→ **What to produce**: Every line from the one bearing "-- theorems are" through the last line of the entries should be printed exactly, with no other output.

Collection entries
• • • • •

-- ===== src/Cache/Warm/Served.antt =====
-- Skyrim/src/DecompCache.cpp: Lookup behind the warm pass.
use faster_file_copy.Prelude.{ℕ, ◌+◌, ◌-◌, ◌≤◌, ◌<◌, ◌≡◌, Bool, true, Option, some, List, arith}
use faster_file_copy.Policy.Warm.{is_range_warm, is_range_warm_exact}
use faster_file_copy.Cache.State.{LookupResult, DecompCache, Settings}
use faster_file_copy.Cache.Lookup.{lookup}
use faster_file_copy.Cache.Lookup.Served.{lookup-Served}
use faster_file_copy.Cache.Warm.Touch.{Resident}
use faster_file_copy.Cache.Warm.Pass.{PrefaultedResident}

-- With prefaulting on, and every page up to the prefaulted mark of the mapping in memory, a lookup that
-- answers names a range of the mapping of which every page is in memory.
pub served_resident :
    (cfg : Settings) (read : ℕ → ℕ → Option (List ℕ)) (now archive start : ℕ) (s : DecompCache)
    (r : LookupResult) (readable : ℕ → Bool) (page_size : ℕ)
    → cfg.prefault_decomp_cache ≡ true
    → PrefaultedResident readable page_size r.owner s
    → (lookup cfg read now archive start s).0 ≡ some r
    → (x : ℕ) → r.data_address - (s.views r.owner).base ≤ x
    → x < r.data_address - (s.views r.owner).base + r.size
    → Resident readable page_size x
served_resident cfg read now archive start s r readable page_size on resident h x low high =
    let is = lookup-Served cfg read now archive start s r h in
    let view = s.views r.owner in
    let offset = r.data_address - view.base in
    let warm : is_range_warm offset is.entry.size view.committed_size view.prefaulted_through
        ≡ true =
      (let w = rw on at is.warm in ground (arith, w)) in
    let inside =
      (is_range_warm_exact offset is.entry.size view.committed_size view.prefaulted_through).0
        warm in
    let whole = is.whole in let end = inside.2 in resident x (omega (arith, high, whole, end))
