-- ===== src/Lib.antt =====
-- rawth, a key-value database in Go: a B+ tree in one file of 4096-byte pages, an engine that adds
-- deadlines to its keys, a query language, and servers for it.
--
-- The program's parts. internal/storage/pager.go keeps a file of pages, a buffer over them, a file
-- header and a list of free pages. internal/storage/btree.go keeps a B+ tree on these pages: nodes
-- are serialized to pages, leaves hold the entries and are linked from left to right, internal
-- nodes hold separator keys and page numbers. internal/storage/engine.go adds deadlines and
-- counters to the tree. internal/rql reads statements (lexer.go, parser.go) and runs them on the
-- engine (executor.go). internal/server takes statements from TCP lines, HTTP requests and
-- WebSocket frames, and cmd/rawth starts it all.
--
-- What is modelled. Base.antt: shared names, lists over the native numbers, and `Outcome`, a
-- result, an error, a panic or the end of the fuel. Bytes.antt: byte slices, little-endian words
-- (`binary.LittleEndian`), `bytes.Compare`, texts in UTF-8, decimal numerals. Storage/Node.antt:
-- `node`, `serializeNode`, `deserializeNode` and the sizes of nodes. Storage/Disk.antt: the file,
-- with calls that can fail at any time. Storage/Pager.antt: the methods of `Pager` under their
-- names in snake case. Storage/Store.antt: what the tree asks of its pages, as operations and
-- laws. Storage/Tree.antt: the methods of `BPlusTree`, over any such store; `put` is `Put`,
-- `insert_leaf` is `insertLeaf`, `adopt` is the end of `insertInternal`, `scan_leaves` is the loop
-- that `Keys` and `ForEach` share. Storage/PageStore.antt: `readNode` and `writeNode`, which make
-- the pager such a store. Storage/Entries.antt: the specification, a list of entries with
-- ascending keys. The files under Storage/Tree/ relate the two: Shape has the trees that pages
-- form, Contract the relation `Represents` between a database and its entries.
--
-- Storage/Engine.antt: the methods of `Engine` over the tree on the pager;
-- Storage/Engine/Deadlines has `visible`, the entries that are not dead at a time, which the
-- theorems of Reads, Writes, Restart, Lifetimes and Figures are about; Runs has sequences of calls
-- at rising times. Rql/Token, Rql/Lexer, Rql/Parser and Rql/Executor: the files of internal/rql
-- under their names; `read_quoted` is `readString` and `readSingleQuotedString`, `parse_key` is
-- `parseYoink`, `parseYeet` and `parsePeek`, `parse_word` the four statements without a key.
-- Rql/Lexer/Scan describes tokens without positions, Rql/Parser/Grammar the statements.
-- Server/Frame: `wsReadFrame` and `wsWriteFrame`, with the layout of a client's frame in
-- Server/Frame/Client; Server/Tcp, Server/Upgrade with Server/WebSocket, and Server/Http: one TCP
-- connection, one WebSocket connection, one request. Server/Tcp/Talks, Server/WebSocket/Converses
-- and Server/WebSocket/Exchanges describe the sessions, line by line, frame by frame and message
-- by message, with the executor's `Execute` but without the loops of the source. The modules named
-- Tests have the theorems at concrete databases and texts.
--
-- How it corresponds. A method that changes its receiver and returns an error is a function from a
-- state to an outcome and a state, and what was changed before an error stays changed. A Go slice
-- or string is a list of bytes, a `uint32` a number below 2 ^ 32 that the serializer reduces, a
-- map an association list. A missing element of a slice is a panic. The clock is an argument, in
-- nanoseconds since Go's zero time; a lifetime in seconds becomes nanoseconds with the wrap-around
-- of 64 bits. What Go's packages and the operating system answer is an argument too (`Platform`,
-- `Answers`). The source recurs from page to page without a bound; the model has fuel, and the
-- methods give it the number of pages of the database, more than the height of any tree whose
-- nodes stand on different pages of it. The lexer's loops have one step more of fuel than the
-- input has bytes, the WebSocket loop one more than bytes come.
--
-- What is not modelled: locks (the engine's lock holds through each method), the text of the
-- storage's error messages, package json, sockets, listeners and routing, and the entry point. The
-- theorems are about a file that does not fail; the definitions have the failing calls too.
pub mod Base
pub mod Bytes
pub mod Storage
pub mod Rql
pub mod Server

• • • • •

→ **Response to this task**:
-- theorems are about a file that does not fail; the definitions have the failing calls too.
pub mod Base
pub mod Bytes
pub mod Storage
pub mod Rql
pub mod Server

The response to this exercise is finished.